# Salvor II - 448Khz working frequency?



## IMRCSparks (Oct 1, 2007)

Whilst researching the radio room kit that I sailed with I have noticed that the Salvor II had xtal selections for 8 mf frequencies including what I think is a position for 448Khz. All of the other transmitters that I came across (both main and emergency from a variety of manufacturers) only had seven mf frequencies these being 410 , 425, 454, 468, 480, 500 and 512 Khz. 

Can anyone confirm that the Salvor II did have a 448Khz selection and shed any light on why was this frequency dropped from later transmitters.

Thanks,
Kevin.


----------



## Ron Stringer (Mar 15, 2005)

All MIMCo MF transmitters _could_ operate on 448kHz and any other frequency in the 405-525khz band but it was a frequency allotted by the ITU Radio Regs for use only in ITU Region 2 (mainly the Americas) and not elsewhere. As MIMCo's customers were almost exclusively outside Region 2 (Canadian Marconi Company aside) and because the UK GPO would not license the frequency for use on British ships (other than by special arrangement), it was normally not given a fixed 'spot' selector on any products.

However I can't recall the date on which the ITU placed restrictions on the use of 448kHz - and the _Salvor II_ might well have preceded that decision - nor am I aware of the reasons for its restriction outside Region 2. To be honest, I don't remember (and there are an increasing number of things that I no longer remember) whether or not the _Salvor II_ itself had 448kHz marked as one of the positions on the selector switch. 
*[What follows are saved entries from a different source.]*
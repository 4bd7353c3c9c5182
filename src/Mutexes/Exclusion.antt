-- ===== src/Mutexes/Exclusion.antt =====
-- Threads on one mutex of lib/posix/pthread/pthread_mutex.c.
use avrix.Mutexes.{edeadlk, pthread_mutex_recursive, pthread_mutex_errorcheck}
use avrix.Mutexes.{
  ebusy, MutexAttr, pthread_mutex_unlock, test_and_set, yields, pthread_mutex_trylock, returns,
  lock_round, pthread_mutex_normal, pthread_mutex_lock, success, pthread_mutex_init, Mutex,
}
use avrix.Base.{
  ◌==◌, if◌then◌else◌, length, length-append, ℕ, ◌≤◌, ◌≡◌, refl, none, some, List, [], ◌∷◌, ◌++◌,
  arith,
}

-- The states that calls on a normal mutex can reach, with the threads that hold it: those whose
-- call returned success and that have not unlocked since. Only a thread that holds it unlocks it.
-- Rounds of several threads follow each other in any order.
pub data Run : Mutex → List ℕ → Type 0 where
  starts :
      (old : Mutex) {m : Mutex} → pthread_mutex_init (some old) none ≡ (success, some m) → Run m []
  locks :
      {m : Mutex} {held : List ℕ} (self : ℕ) {m' : Mutex}
      → Run m held
      → pthread_mutex_lock self (some m) ≡ (returns success, some m')
      → Run m' (self ∷ held)
  waits :
      {m : Mutex} {held : List ℕ} (self : ℕ) {m' : Mutex}
      → Run m held
      → pthread_mutex_lock self (some m) ≡ (yields, some m')
      → Run m' held
  retries :
      {m : Mutex} {held : List ℕ} (self : ℕ) {m' : Mutex}
      → Run m held
      → lock_round self m ≡ (returns success, m')
      → Run m' (self ∷ held)
  waits_on :
      {m : Mutex} {held : List ℕ} (self : ℕ) {m' : Mutex}
      → Run m held
      → lock_round self m ≡ (yields, m')
      → Run m' held
  tries :
      {m : Mutex} {held : List ℕ} (self : ℕ) {m' : Mutex}
      → Run m held
      → pthread_mutex_trylock self (some m) ≡ (success, some m')
      → Run m' (self ∷ held)
  fails :
      {m : Mutex} {held : List ℕ} (self : ℕ) {m' : Mutex}
      → Run m held
      → pthread_mutex_trylock self (some m) ≡ (ebusy, some m')
      → Run m' held
  unlocks :
      {m : Mutex} (before : List ℕ) (self : ℕ) (after : List ℕ) {m' : Mutex}
      → Run m (before ++ (self ∷ after))
      → pthread_mutex_unlock self (some m) ≡ (success, some m')
      → Run m' (before ++ after)

-- The lock is 1 while one thread holds the mutex, and 0 while none does.
abbrev IsCounted : Mutex → List ℕ → Type 0
IsCounted m held = (m.type ≡ pthread_mutex_normal) × (length held ≡ m.lock) × (m.lock ≤ 1)

Run-IsCounted : {m : Mutex} {held : List ℕ} → Run m held → IsCounted m held
unfolding pthread_mutex_init pthread_mutex_lock pthread_mutex_trylock pthread_mutex_unlock
    lock_round test_and_set
Run-IsCounted (starts old e) = ground arith
Run-IsCounted (locks self r e) = ground (arith, Run-IsCounted r)
Run-IsCounted (waits self r e) = ground (arith, Run-IsCounted r)
Run-IsCounted (retries self r e) = ground (arith, Run-IsCounted r)
Run-IsCounted (waits_on self r e) = ground (arith, Run-IsCounted r)
Run-IsCounted (tries self r e) = ground (arith, Run-IsCounted r)
Run-IsCounted (fails self r e) = ground (arith, Run-IsCounted r)
Run-IsCounted (unlocks before self after r e) =
    ground (arith, Run-IsCounted r, length-append before (self ∷ after), length-append before after)

-- Mutual exclusion: after any sequence of calls and rounds on a normal mutex that only its holder
-- unlocks, at most one thread holds it.
pub one_holder : {m : Mutex} {held : List ℕ} → Run m held → length held ≤ 1
one_holder r = let (_, counted, bit) = Run-IsCounted r in omega arith

-- Thread 0 is taken for the owner of a fresh mutex, whose owner field is 0: of a recursive mutex
-- `pthread_mutex_lock` tells it that it has the lock, without taking it, and of an error-checking
-- one that it would deadlock; of a normal one it takes the lock.
pub fresh_owner :
    (old : Mutex) (attr : MutexAttr)
    → let m : Mutex = record { lock = 0; owner = 0; type = attr.type } in
      (pthread_mutex_init (some old) (some attr) ≡ (success, some m))
      × (pthread_mutex_lock 0 (some m) ≡ (
          if attr.type == pthread_mutex_recursive
          then (returns success, some m)
          else if attr.type == pthread_mutex_errorcheck
          then (returns edeadlk, some m)
          else (returns success, some (record m { lock = 1 }))))
unfolding pthread_mutex_init pthread_mutex_lock lock_round test_and_set
fresh_owner old attr = (refl, ground arith)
I do, however, remember the frustration of being on the USA or Canadian coasts and being directed by coast stations to respond on - or switch to - 448kHz, which was not available to me (not without a crystal change) on the later models of the _Oceanspan_ or the _Globespan_. I've been told that many ships trading regularly on the North Atlantic runs used to carry a 'spare' crystal for 448kHz, which was fitted and used when 'on the other side' and then removed on the way home to the UK, to avoid being caught out by a surprise visit from a GPO radio surveyor.
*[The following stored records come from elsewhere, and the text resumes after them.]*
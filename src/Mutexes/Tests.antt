-- ===== src/Mutexes/Tests.antt =====
-- Two threads on a mutex of lib/posix/pthread/pthread_mutex.c.
use avrix.Mutexes.Exclusion.{waits, locks, starts}
use avrix.Mutexes.Exclusion.{Run, one_holder}
use avrix.Mutexes.{
  test_and_set, lock_round, pthread_mutex_lock, ebusy, pthread_mutex_destroy, pthread_mutex_init,
  Mutex, MutexAttr,
}
use avrix.Base.{length, ℕ, ◌≤◌, ◌≡◌, refl, some, List, [], ◌∷◌}

abbrev garbage : Mutex
garbage = record { lock = 7; owner = 7; type = 7 }

abbrev fresh : Mutex
fresh = record { lock = 0; owner = 0; type = 0 }

abbrev taken : Mutex
taken = record { lock = 1; owner = 3; type = 0 }

-- Thread 3 takes the mutex, and thread 4 waits for it.
two_threads : Run taken (3 ∷ [])
unfolding pthread_mutex_init pthread_mutex_lock lock_round test_and_set
two_threads = waits 4 (locks 3 (starts garbage {m = fresh} refl) refl) refl

abbrev holders : List ℕ
holders = 3 ∷ []

one_holder_example : length holders ≤ 1
one_holder_example = one_holder two_threads

pthread_mutex_destroy-taken : pthread_mutex_destroy (some taken) ≡ ebusy
unfolding pthread_mutex_destroy
pthread_mutex_destroy-taken = refl

abbrev recursive : MutexAttr
recursive = record { type = 1; protocol = 0 }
The restriction of the number of working frequencies to two was an invention of the GPO, in their view it reduced congestion by spreading the distribution curve of allocations. They claimed that giving all the ships all the frequencies would result in congestion on the frequencies deemed most popular for use when working their coast stations. So as they processed new licence applications, each new application got a different pair of the 5 assignable working frequencies (between 411 and 499kHz) than the previous one. 

It wasn't a problem on the old 'Span I' where you were able to select any MF frequency - but it involved you in a hell of a lot of winding of that little handle to do so.


----------



## R719220 (Oct 5, 2011)

What I remember most about Japanese coast stations is their use of the Q-code "QSU" rather than the more common QSY. Never heard it anywhere else in the world, only Japan. For the more pedantic among you, QSU means "Send or reply on this frequency (or on ... kHz (or MHz)) (with emissions of class ...)". Seemed to make sense to me!
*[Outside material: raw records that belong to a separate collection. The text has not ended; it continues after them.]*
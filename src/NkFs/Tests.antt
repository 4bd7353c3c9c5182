-- ===== src/NkFs/Tests.antt =====
-- Runs of src/nk_fs.c on an EEPROM with a byte for each address.
use avrix.NkFs.Memory.{memory, memory-IsRom}
use avrix.NkFs.Rows.{nk_fs_get-returns}
use avrix.NkFs.Search.{nk_fs_put-nk_fs_get}
use avrix.NkFs.{addr, erase_from, erase_row, nk_fs_put, nk_fs_get, Log, open_next_row}
use avrix.Base.{leb, ◌==◌, if◌then◌else◌, ℕ, ◌+◌, ◌<◌, ◌≡◌, refl, ◌≢◌, true, Option, some, arith}

abbrev erased : ℕ → ℕ
erased a = 255

abbrev log : Log (ℕ → ℕ)
log = record { cur_row = 2; cur_idx = 3; mem = erased }

abbrev key : ℕ
key = 700

nk_fs_put-nk_fs_get_example :
    (s' : Log (ℕ → ℕ)) × (nk_fs_put memory 700 21 log ≡ (true, s'))
    × (nk_fs_get memory 700 s' ≡ some (some 21))
    × (key ≢ 5 → 0 < 3 → nk_fs_get memory 5 s' ≡ nk_fs_get memory 5 log)
nk_fs_put-nk_fs_get_example =
    nk_fs_put-nk_fs_get memory memory-IsRom 700 21 5 log (omega arith) (omega arith) (omega arith)
      (omega arith) (omega arith)

nk_fs_get-returns_example : (x : Option ℕ) × (nk_fs_get memory 700 log ≡ some x)
nk_fs_get-returns_example = nk_fs_get-returns memory 700 log (omega arith) (omega arith)

-- The record of key 700 with value 21 in the last block of row 1.
abbrev earlier : ℕ → ℕ
earlier a =
    if leb a 127
    then (if a == 120 then 1 else if a == 121 then 87 else if a == 122 then 149 else 0)
    else 255

-- `open_next_row` puts the mark of row 3 in its last byte, and `nk_fs_init` looks for it 60 bytes
-- later, in row 4.
header_missed :
    let opened : Log (ℕ → ℕ) = open_next_row memory log in
    (opened.mem 255 ≡ 127) × (opened.mem (addr 3 15 + 63) ≡ 255)
unfolding open_next_row erase_row erase_from
header_missed = (refl, refl)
I remember this so well because I spent a year running betwen Oz and Japan. (This would have been 1963/64....or as I prefer to think of it....yesterday).

For example, a Japanese coast station would typically respond to a call with, say," QSW 461 QSU 468" rather than the far more commonly used QSY.

Am I the only saddo who remembers this?


----------



## trotterdotpom (Apr 29, 2005)

I don't remember that R71 but I'm sure you're right. The Japanese stations were always pretty good once you got used to their way of operating.

I bet I'm not the only saddo who has just looked up "Stercus Accidit".

John T


----------



## IMRCSparks (Oct 1, 2007)

Thanks for all the comments guys and thank you Ron for a most comprehensive reply. Yet another small conundrum solved. I didn't realise that ships were allocated two mf working frequencies. Certainly during my time at sea throughout the 80's I always had the full range of mf frequencies available and I used all of these as required by the coast station I was working. Ignorance is bliss! (or maybe the restriction had been dropped by then).

Still had the two working frequency restriction on the hf bands but that always seemed pointless with a fully synthesized 1.5kW transmitter. It seemed to me that by the early 80's GKA assumed that everyone had a synthesized transmitter. Which was a real pain in the orifice when GKA would send QSA1 QRM5 UP 2 [KHz] followed by NIL HRD VA after I had been waiting on a QRY45 from the South China Sea using an Oceanspan VII/R50M combination . Oh well, back to calling GKB for another long QRY - Happy Days!

Kevin.


----------



## hawkey01 (Mar 15, 2006)

I always asked - synth imi - if not then a struggle but would persist and move bands if necessary, all part of the job. Always some who would not do this.

Hawkey01


----------



## Naytikos (Oct 20, 2008)

Maybe it was you, Hawkey01, but I well remember when GKA twigged that those of us with synthesizers didn't necessarily feel constrained by what was actually printed on the licence.
I used to answer: "Yea find spot"
and invariably whoever was at the other end would do just that!


----------